DPOTRI(3)      LAPACK routine of NEC Numeric Library Collection      DPOTRI(3)



NAME
       DPOTRI

SYNOPSIS
       SUBROUTINE DPOTRI (UPLO, N, A, LDA, INFO)



PURPOSE
            DPOTRI computes the inverse of a real symmetric positive definite
            matrix A using the Cholesky factorization A = U**T*U or A = L*L**T
            computed by DPOTRF.




ARGUMENTS
           UPLO      (input)
                     UPLO is CHARACTER*1
                     = 'U':  Upper triangle of A is stored;
                     = 'L':  Lower triangle of A is stored.

           N         (input)
                     N is INTEGER
                     The order of the matrix A.  N >= 0.

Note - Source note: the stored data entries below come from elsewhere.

-- ===== src/Exchange/OrderBook/Matching.antt =====
-- exchange/matcher/me_order_book.cpp, checkForMatch(): the report of a whole matching run.
use zquant_system.Prelude.{
  ℕ, zero, suc, ◌+◌, ◌%◌, ◌^◌, ◌≤◌, ◌<◌, min, ◌≡◌, refl, sym, ◌∙◌, ◌⊎◌, inl, inr, Bool, true, false,
  none, some, List, [], ◌∷◌, ◌++◌, arith, ◌==◌, Bool-cases, Option-cases, append-nil, All,
  concat_map,
}
use zquant_system.Prelude.Int.{ltb_ℤ}
use zquant_system.Common.Types.{TickerId, ClientId, OrderId, Price, Qty, Side}
use zquant_system.Common.Fault.{Outcome, returns, stops, IsFault, bind, weaken}
use zquant_system.Common.MemPool.Usage.{used-le}
use zquant_system.Book.{Ptr, Book, order_at, level_at}
use zquant_system.Exchange.OrderBook.{
  MeOrderKey, ClientOrderHashMap, MeOrderBook, match_loop, check_for_match,
}
use zquant_system.Exchange.OrderBook.Frame.{append_trans}
use zquant_system.Exchange.OrderBook.MatchOrder.{
  Fill, rest_of, fill_responses, fill_updates, in_use, Matched, match_order-Matched,
}

pub total_qty : List Fill → Qty
total_qty [] = 0
total_qty (f ∷ fs) = f.qty + total_qty fs

-- An execution is at a price that does not break the loop, of no more than the passive order has,
-- and it uses up the passive order or the new one.
pub record IsProper (stops_at : Price → Bool) (f : Fill) : Type 0 where
  pub allowed : stops_at f.passive.price ≡ false
  pub covered : f.qty ≤ f.passive.qty
  pub exhausts : (rest_of f ≡ 0) ⊎ (f.leaves ≡ 0)

module _ (ticker_id : TickerId) (client_id : ClientId) (side : Side)
    (client_order_id market_order_id : OrderId) (queue : Book MeOrderKey ClientOrderHashMap → Ptr)
    (stops_at : Price → Bool) where
  -- Why the loop ended: nothing is left, the other side is empty, or its first order is too dear.
  abbrev Ended : MeOrderBook → Qty → Type 0
  Ended t left =
      (left ≡ 0)
      ⊎ (queue t.book ≡ none)
      ⊎ ((level : ℕ) × (p : ℕ) × (queue t.book ≡ some level)
          × ((level_at level t.book).first_order ≡ some p)
          × (stops_at (order_at p t.book).price ≡ true))

  pub record Report (s : MeOrderBook) (qty : Qty) (fills : List Fill) (left : Qty) (t : MeOrderBook)
      : Type 0 where
    pub responses :
        t.client_responses
        ≡ s.client_responses
          ++ concat_map
              (fill_responses ticker_id client_id side client_order_id market_order_id)
              fills
    pub updates :
        t.market_updates ≡ s.market_updates ++ concat_map (fill_updates ticker_id side) fills
    pub conserved : total_qty fills + left ≡ qty
    pub proper : All (IsProper stops_at) fills
    pub next_id : t.next_market_order_id ≡ s.next_market_order_id
    pub ended : Ended t left

  -- The executions of a run, with its report.
  abbrev pub Reported : MeOrderBook → Qty → Qty → MeOrderBook → Type 0
  Reported s qty left t = (fills : List Fill) × Report s qty fills left t

  nothing : (s : MeOrderBook) (qty : Qty) → Ended s qty → Reported s qty qty s
  unfolding total_qty
  nothing s qty e = (
    [],
    record {
      responses = sym (append-nil _);
      updates = sym (append-nil _);
      conserved = omega arith;
      proper = tt;
      next_id = refl;
      ended = e;
    },
  )

  one_more :
      (s t u : MeOrderBook) (itr : ℕ) (qty mid left : Qty)
      → stops_at (order_at itr s.book).price ≡ false
      → Matched ticker_id client_id side client_order_id market_order_id s itr qty mid t
      → Reported t mid left u
      → Reported s qty left u
  unfolding total_qty
  one_more s t u itr qty mid left ok m (fs, r) = (
    f ∷ fs,
    record {
      responses = append_trans _ _ _ _ _ m.responses r.responses;
      updates = append_trans _ _ _ _ _ m.updates r.updates;
      conserved = omega (arith, r.conserved, m.left_is);
      proper = (
        record { allowed = ok; covered = omega arith; exhausts = ground (arith, m.left_is) },
        r.proper,
      );
      next_id = r.next_id ∙ m.next_id;
      ended = r.ended;
    },
  )
    where
      f : Fill
      f = record {
        passive = order_at itr s.book;
        qty = min qty (order_at itr s.book).qty;
        leaves = mid;
      }

  -- With fuel for every block in use the loop ends by itself.
  match_loop-Reported :
      (fuel : ℕ) (qty : Qty) (s : MeOrderBook)
      → ((qty ≡ 0) × (0 < fuel)) ⊎ (in_use s + 1 < fuel)
      → Outcome IsFault (Reported s qty) (
          match_loop fuel ticker_id client_id side client_order_id market_order_id queue stops_at
            qty s)
  unfolding match_loop
  match_loop-Reported zero qty s h = absurd (omega arith)
  match_loop-Reported (suc fuel) qty s h = elim (Bool-cases (qty == 0)) [
    | inl e ↦ rw (e, match_loop) (returns (nothing s qty (inl (ground arith))))
    | inr more ↦ elim (Option-cases (queue s.book)) [
      | inl e ↦ rw (more, e, match_loop) (returns (nothing s qty (inr (inl e))))
      | inr (level, e) ↦ elim (Option-cases (level_at level s.book).first_order) [
        | inl n ↦ rw (more, e, n, match_loop) (stops (λ x. cc))
        | inr (p, first) ↦ elim (Bool-cases (stops_at (order_at p s.book).price)) [
          | inl dear ↦
              rw (more, e, first, dear, match_loop)
                (returns (nothing s qty (inr (inr (level, p, e, first, dear)))))
          | inr fits ↦
              rw (more, e, first, fits, match_loop)
                (bind
                  (match_order-Matched ticker_id client_id side client_order_id market_order_id p
                    qty s)
                  (λ mid t m.
                    weaken (match_loop-Reported fuel mid t (ground (arith, m.progress)))
                      (λ left u r. one_more s t u p qty mid left fits m r)))
        ]
      ]
    ]
  ]

module _ (client_id : ClientId) (client_order_id : OrderId) (ticker_id : TickerId) (price : Price)
    (qty : Qty) (new_market_order_id : OrderId) (s : MeOrderBook) where
  enough : in_use s + 1 < suc (suc s.book.order_pool.size)
  enough = omega (arith, used-le s.book.order_pool.size s.book.order_pool.store)

  pub check_for_match-buy :
      Outcome IsFault
        (Reported ticker_id client_id Side.buy client_order_id
          (new_market_order_id % 2 ^ 32)
          (λ b. b.asks_by_price)
          (λ p. ltb_ℤ price p)
          s
          qty)
        (check_for_match client_id client_order_id ticker_id Side.buy price qty new_market_order_id
          s)
  unfolding check_for_match
  check_for_match-buy =
      bind
        (match_loop-Reported ticker_id client_id Side.buy client_order_id
          (new_market_order_id % 2 ^ 32) (λ b. b.asks_by_price) (λ p. ltb_ℤ price p) _ qty s
          (inr enough))
        (λ left t r. returns r)

  pub check_for_match-sell :
      Outcome IsFault
        (Reported ticker_id client_id Side.sell client_order_id
          (new_market_order_id % 2 ^ 32)
          (λ b. b.bids_by_price)
          (λ p. ltb_ℤ p price)
          s
          qty)
        (check_for_match client_id client_order_id ticker_id Side.sell price qty new_market_order_id
          s)
  unfolding check_for_match
  check_for_match-sell =
      match_loop-Reported ticker_id client_id Side.sell client_order_id
        (new_market_order_id % 2 ^ 32) (λ b. b.bids_by_price) (λ p. ltb_ℤ p price) _ qty s
        (inr enough)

           A         (input/output)
                     A is DOUBLE PRECISION array, dimension (LDA,N)
                     On entry, the triangular factor U or L from the Cholesky
                     factorization A = U**T*U or A = L*L**T, as computed by
                     DPOTRF.
                     On exit, the upper or lower triangle of the (symmetric)
                     inverse of A, overwriting the input factor U or L.

           LDA       (input)
                     LDA is INTEGER
                     The leading dimension of the array A.  LDA >= max(1,N).

           INFO      (output)
                     INFO is INTEGER
                     = 0:  successful exit
                     < 0:  if INFO = -i, the i-th argument had an illegal value
                     > 0:  if INFO = i, the (i,i) element of the factor U or L is
                           zero, and the inverse could not be computed.



LAPACK routine                  31 October 2017                      DPOTRI(3)